Diagnosis dermatitis kontak iritan didasarkan atas anamnesis yang cermat dan
pengamatan gambaran klinis. Dermatitis kontak iritan akut lebih mudah diketahui karena
munculnya lebih cepat, sebaliknya dermatitis kontak iritan kronis timbulnya lambat serta
mempunyai variasi gambaran klinis yang luas.
Pengobatan dermatitis kontak iritan yang terpenting adalah menyingkirkan
pajanan bahan iritan, baik yang bersifat mekanik, fisik maupun kimiawi. Bila hal ini
dapat dilaksanakan dengan sempurna dan tidak terjadi komplikasi, maka dermatitis
kontak iritan tersebut akan sembuh dengan sendirinya tanpa pengobatan topikal.
DAFTAR PUSTAKA
Djuanda, S. dan Sularsito, A. S. 1999, Dermatitis Kontak, dalam Djuanda, A., Hamzah,
M. dan Aisah, S, (eds) ; Ilmu Penyakit Kulit dan Kelamin, 3 rd ed, Fakultas
Kedokteran Universitas Indonesia, Jakarta. : 126 – 129.

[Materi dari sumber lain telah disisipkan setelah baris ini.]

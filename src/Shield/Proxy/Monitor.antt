-- ===== src/Shield/Proxy/Monitor.antt =====
-- proxy.rs: what monitor mode leaves of the server's responses.
use project_black_monolith.Prelude.{
  ◌≡◌, refl, ap, ◌⊎◌, inl, inr, Bool, true, false, Option, none, some, ok, Bool-cases,
}
use project_black_monolith.Text.{Text, is_empty}
use project_black_monolith.Text.Search.{All}
use project_black_monolith.Json.{Json, Items, nil, cons, items}
use project_black_monolith.Shield.JsonRpc.{JsonRpcMessage}
use project_black_monolith.Shield.Proxy.{
  InspectionKind, prompts, resources, resource_templates, tool_result, monitor,
}
use project_black_monolith.Shield.Proxy.Responses.{
  redact_blocks, catalog_fields, catalog_key, result_array, replaced, inspect_list, analyze_result,
  analyze_error_response, neutralize_error_prose, analyze_by_error, analyze_inspectable_response,
}
use project_black_monolith.Shield.Proxy.Screening.{IsObject, keep_entries-monitor}

replaced-unchanged :
    (msg : JsonRpcMessage) (key : Text) (r : Items × Bool)
    → r.1 ≡ false
    → replaced msg key r ≡ ok none
unfolding replaced
replaced-unchanged msg key (values, true) h = cc
replaced-unchanged msg key (values, false) h = refl

module _ (lowercase : Text → Text) where
  redact_blocks-monitor : (blocks : Items) → (redact_blocks lowercase monitor blocks).1 ≡ false
  unfolding redact_blocks
  redact_blocks-monitor nil = refl
  redact_blocks-monitor (cons block blocks) = redact_blocks-monitor blocks

  inspect_list-monitor :
      (kind : InspectionKind) (values : Items)
      → (kind ≡ tool_result) ⊎ All IsObject (items values)
      → (inspect_list lowercase kind monitor values).1 ≡ false
  unfolding inspect_list
  inspect_list-monitor tool_result values h = redact_blocks-monitor values
  inspect_list-monitor prompts values (inr h) =
      (keep_entries-monitor lowercase (catalog_fields prompts) values).1 h
  inspect_list-monitor resources values (inr h) =
      (keep_entries-monitor lowercase (catalog_fields resources) values).1 h
  inspect_list-monitor resource_templates values (inr h) =
      (keep_entries-monitor lowercase (catalog_fields resource_templates) values).1 h
  inspect_list-monitor prompts values (inl h) = cc h
  inspect_list-monitor resources values (inl h) = cc h
  inspect_list-monitor resource_templates values (inl h) = cc h

  analyze_result-monitor :
      (msg : JsonRpcMessage) (kind : InspectionKind) (found : Option Items)
      → ((values : Items)
          → found ≡ some values
          → (kind ≡ tool_result) ⊎ All IsObject (items values))
      → analyze_result lowercase msg kind monitor found ≡ ok none
  unfolding analyze_result
  analyze_result-monitor msg kind none h = refl
  analyze_result-monitor msg kind (some values) h =
      replaced-unchanged msg (catalog_key kind) _ (inspect_list-monitor kind values (h values refl))

  analyze_error_response-monitor :
      (msg : JsonRpcMessage) (error : Json)
      → (analyze_error_response lowercase msg error monitor).0 ≡ none
  unfolding analyze_error_response
  analyze_error_response-monitor msg error =
      elim (Bool-cases (is_empty ((neutralize_error_prose lowercase error).1))) [
        | inl eq ↦ rw eq refl
        | inr eq ↦ rw eq refl
      ]

  by_error :
      (msg : JsonRpcMessage) (kind : InspectionKind) (error : Option Json)
      → ((values : Items)
          → result_array msg.result (catalog_key kind) ≡ some values
          → (kind ≡ tool_result) ⊎ All IsObject (items values))
      → analyze_by_error lowercase msg kind monitor error ≡ ok none
  unfolding analyze_by_error
  by_error msg kind none h = analyze_result-monitor msg kind _ h
  by_error msg kind (some error) h = ap ok (analyze_error_response-monitor msg error)

  -- In monitor mode nothing is sent in place of a response: of an error, of the result of a call, or
  -- of a catalog whose entries are all objects.
  pub analyze_inspectable_response-monitor :
      (msg : JsonRpcMessage) (kind : InspectionKind)
      → ((values : Items)
          → result_array msg.result (catalog_key kind) ≡ some values
          → (kind ≡ tool_result) ⊎ All IsObject (items values))
      → analyze_inspectable_response lowercase msg kind monitor ≡ ok none
  unfolding analyze_inspectable_response
  analyze_inspectable_response-monitor msg kind h = by_error msg kind msg.error h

Mansjoer, A., Suprohaita., Wardhani, W. I. dan Setiowulan, W. 2000, Kapita Selekta
Kedokteran, 3 rd ed, Media Aesculapius Fakultas Kedokteran Universitas
Indonesia, Jakarta. : 87 – 89.
Mulyono. 1986, Pedoman Pengobatan Penyakit Kulit dan Kelamin, 1 st ed, Meidian
Mulyo Jaya, Jakarta. : 99 – 101.
Rusyanto, I. D. dan Mahadi. 2000, Dermatitis Kontak, dalam Harahap, M. (ed) ; Ilmu
Penyakit Kulit, Hipokrates, Jakarta. : 22 – 23.
Siregar, R. S. 1996, Saripati Penyakit Kulit, Penerbit Buku Kedokteran EGC, Jakarta. :
122 – 123.
Sularsito, A. S., Soebaryo, W. R. dan Kuswadji, 1986, Dermatologi Praktis, 1 st ed,
Perkumpulan Ahli Dermato-Venereologi Indonesia. : 80 – 82.